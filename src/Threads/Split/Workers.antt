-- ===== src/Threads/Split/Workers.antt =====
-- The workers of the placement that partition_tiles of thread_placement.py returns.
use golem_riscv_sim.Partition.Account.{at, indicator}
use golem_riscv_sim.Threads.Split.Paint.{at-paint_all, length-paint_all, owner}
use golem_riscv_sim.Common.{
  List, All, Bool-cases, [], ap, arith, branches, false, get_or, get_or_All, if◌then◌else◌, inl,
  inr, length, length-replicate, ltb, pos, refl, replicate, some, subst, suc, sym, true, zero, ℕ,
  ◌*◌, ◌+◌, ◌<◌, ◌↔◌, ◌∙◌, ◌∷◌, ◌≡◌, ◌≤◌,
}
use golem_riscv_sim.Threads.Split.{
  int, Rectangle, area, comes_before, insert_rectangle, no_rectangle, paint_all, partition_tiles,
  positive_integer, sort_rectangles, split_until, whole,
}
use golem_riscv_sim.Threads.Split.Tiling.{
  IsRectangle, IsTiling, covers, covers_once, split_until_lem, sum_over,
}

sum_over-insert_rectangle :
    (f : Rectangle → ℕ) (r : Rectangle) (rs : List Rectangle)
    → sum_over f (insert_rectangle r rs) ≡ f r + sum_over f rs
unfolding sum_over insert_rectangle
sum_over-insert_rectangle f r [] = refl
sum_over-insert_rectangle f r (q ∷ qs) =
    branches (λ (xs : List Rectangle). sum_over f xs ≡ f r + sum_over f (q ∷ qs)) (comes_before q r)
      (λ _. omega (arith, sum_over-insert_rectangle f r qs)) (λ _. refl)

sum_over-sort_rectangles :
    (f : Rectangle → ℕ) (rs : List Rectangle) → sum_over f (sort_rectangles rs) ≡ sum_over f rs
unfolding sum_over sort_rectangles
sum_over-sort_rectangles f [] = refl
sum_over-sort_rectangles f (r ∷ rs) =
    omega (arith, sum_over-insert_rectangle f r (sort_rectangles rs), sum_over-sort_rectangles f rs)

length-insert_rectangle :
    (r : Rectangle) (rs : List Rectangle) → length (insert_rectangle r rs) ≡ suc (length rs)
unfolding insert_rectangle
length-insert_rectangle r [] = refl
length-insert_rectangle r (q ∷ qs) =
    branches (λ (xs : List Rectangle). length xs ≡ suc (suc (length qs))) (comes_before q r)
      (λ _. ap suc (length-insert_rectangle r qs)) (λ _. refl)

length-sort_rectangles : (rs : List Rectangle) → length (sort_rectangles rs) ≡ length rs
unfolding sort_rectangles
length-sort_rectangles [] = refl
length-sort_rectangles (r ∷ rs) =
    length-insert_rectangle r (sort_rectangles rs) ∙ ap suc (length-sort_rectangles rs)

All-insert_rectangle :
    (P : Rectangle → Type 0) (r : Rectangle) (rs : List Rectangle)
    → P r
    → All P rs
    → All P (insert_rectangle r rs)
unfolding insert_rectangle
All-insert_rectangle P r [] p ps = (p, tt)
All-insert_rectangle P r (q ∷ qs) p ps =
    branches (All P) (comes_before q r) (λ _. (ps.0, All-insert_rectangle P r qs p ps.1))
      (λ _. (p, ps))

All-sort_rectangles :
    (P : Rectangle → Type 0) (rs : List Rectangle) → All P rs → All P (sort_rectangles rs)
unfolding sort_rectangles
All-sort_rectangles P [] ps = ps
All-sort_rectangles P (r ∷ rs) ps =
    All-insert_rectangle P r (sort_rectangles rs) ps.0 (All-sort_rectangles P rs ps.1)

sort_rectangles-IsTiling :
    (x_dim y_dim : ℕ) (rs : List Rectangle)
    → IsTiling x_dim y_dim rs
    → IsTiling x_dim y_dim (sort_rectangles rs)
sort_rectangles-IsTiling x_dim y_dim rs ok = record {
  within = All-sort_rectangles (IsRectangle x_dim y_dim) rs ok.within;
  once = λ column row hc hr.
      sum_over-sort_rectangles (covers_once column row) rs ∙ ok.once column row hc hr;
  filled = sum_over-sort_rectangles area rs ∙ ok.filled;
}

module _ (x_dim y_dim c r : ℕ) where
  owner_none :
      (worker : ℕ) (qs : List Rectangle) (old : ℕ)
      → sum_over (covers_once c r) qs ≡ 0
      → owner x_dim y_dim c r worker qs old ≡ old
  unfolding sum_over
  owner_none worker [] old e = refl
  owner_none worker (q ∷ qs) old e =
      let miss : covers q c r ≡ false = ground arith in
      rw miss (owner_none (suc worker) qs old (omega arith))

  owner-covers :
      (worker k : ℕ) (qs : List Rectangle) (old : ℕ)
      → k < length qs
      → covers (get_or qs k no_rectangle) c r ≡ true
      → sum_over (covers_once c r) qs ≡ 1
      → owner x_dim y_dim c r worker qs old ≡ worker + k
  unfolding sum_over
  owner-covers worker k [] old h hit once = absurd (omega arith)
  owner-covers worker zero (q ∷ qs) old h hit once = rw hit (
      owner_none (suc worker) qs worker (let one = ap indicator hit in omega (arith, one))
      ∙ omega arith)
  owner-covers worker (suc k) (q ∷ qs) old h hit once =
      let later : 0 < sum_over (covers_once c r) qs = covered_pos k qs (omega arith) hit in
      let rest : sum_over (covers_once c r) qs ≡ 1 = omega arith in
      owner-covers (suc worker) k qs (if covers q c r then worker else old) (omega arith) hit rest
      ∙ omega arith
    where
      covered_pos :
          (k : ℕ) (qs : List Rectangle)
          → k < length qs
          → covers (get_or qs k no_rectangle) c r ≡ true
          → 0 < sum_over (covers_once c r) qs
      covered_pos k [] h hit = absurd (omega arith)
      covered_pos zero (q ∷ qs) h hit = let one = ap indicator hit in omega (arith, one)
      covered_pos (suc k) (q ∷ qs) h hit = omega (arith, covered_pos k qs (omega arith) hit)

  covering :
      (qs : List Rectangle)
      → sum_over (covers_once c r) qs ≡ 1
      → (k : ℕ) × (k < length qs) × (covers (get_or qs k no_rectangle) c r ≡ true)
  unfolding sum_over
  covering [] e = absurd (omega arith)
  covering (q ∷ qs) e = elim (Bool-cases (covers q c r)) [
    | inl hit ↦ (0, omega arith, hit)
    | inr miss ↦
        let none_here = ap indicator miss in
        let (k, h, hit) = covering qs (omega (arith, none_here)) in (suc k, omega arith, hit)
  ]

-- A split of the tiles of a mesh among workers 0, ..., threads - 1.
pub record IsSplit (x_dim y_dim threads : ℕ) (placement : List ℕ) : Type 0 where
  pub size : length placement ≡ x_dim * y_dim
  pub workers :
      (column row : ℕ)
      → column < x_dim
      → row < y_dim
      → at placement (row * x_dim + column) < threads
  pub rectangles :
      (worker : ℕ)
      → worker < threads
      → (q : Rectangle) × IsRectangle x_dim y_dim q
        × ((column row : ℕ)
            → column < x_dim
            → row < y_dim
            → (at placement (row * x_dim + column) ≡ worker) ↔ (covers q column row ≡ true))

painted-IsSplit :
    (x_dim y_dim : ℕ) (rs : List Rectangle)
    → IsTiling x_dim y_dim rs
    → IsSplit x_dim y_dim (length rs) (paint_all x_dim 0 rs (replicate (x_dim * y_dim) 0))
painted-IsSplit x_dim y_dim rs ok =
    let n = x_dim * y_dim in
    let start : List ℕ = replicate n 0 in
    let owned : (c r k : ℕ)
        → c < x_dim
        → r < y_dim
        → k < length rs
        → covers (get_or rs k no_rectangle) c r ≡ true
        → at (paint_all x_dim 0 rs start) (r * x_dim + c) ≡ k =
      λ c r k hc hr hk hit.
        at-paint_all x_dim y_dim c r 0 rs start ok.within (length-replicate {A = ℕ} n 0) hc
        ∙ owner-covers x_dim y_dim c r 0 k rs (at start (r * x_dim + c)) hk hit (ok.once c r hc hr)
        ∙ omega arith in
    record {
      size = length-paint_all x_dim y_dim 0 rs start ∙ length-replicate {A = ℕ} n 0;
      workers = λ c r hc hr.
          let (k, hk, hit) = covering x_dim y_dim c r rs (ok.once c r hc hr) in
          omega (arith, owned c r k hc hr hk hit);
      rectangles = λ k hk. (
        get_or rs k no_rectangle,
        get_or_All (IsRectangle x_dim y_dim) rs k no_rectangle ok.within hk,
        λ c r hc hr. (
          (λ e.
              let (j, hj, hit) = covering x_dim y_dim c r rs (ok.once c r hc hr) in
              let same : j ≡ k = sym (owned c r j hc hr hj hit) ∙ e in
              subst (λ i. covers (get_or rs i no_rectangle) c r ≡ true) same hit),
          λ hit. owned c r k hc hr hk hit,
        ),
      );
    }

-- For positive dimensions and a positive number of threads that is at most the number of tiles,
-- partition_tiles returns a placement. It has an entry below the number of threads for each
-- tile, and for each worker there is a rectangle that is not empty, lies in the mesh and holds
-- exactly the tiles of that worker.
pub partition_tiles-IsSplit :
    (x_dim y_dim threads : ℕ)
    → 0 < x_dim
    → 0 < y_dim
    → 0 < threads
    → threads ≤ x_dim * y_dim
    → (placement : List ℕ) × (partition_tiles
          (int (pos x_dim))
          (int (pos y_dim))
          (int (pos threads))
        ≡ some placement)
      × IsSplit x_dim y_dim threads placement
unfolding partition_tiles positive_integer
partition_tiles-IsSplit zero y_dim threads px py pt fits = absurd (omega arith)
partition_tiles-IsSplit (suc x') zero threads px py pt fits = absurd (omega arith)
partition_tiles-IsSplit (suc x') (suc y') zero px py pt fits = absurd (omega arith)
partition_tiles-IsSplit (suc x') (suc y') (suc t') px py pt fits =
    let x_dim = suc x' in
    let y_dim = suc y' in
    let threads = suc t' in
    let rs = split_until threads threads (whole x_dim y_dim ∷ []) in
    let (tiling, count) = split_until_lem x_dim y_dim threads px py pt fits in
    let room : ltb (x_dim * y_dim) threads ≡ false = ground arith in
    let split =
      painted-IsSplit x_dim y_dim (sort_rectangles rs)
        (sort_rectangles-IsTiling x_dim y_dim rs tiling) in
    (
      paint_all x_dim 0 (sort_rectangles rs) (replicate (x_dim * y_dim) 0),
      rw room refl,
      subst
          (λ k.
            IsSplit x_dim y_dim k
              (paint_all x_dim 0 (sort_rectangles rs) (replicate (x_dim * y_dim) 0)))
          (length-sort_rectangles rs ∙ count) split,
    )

EXERCISE PROMPT: Copy out every line of the data that includes "record".

RESPONSE TO THE EXERCISE:
sort_rectangles-IsTiling x_dim y_dim rs ok = record {
pub record IsSplit (x_dim y_dim threads : ℕ) (placement : List ℕ) : Type 0 where
    record {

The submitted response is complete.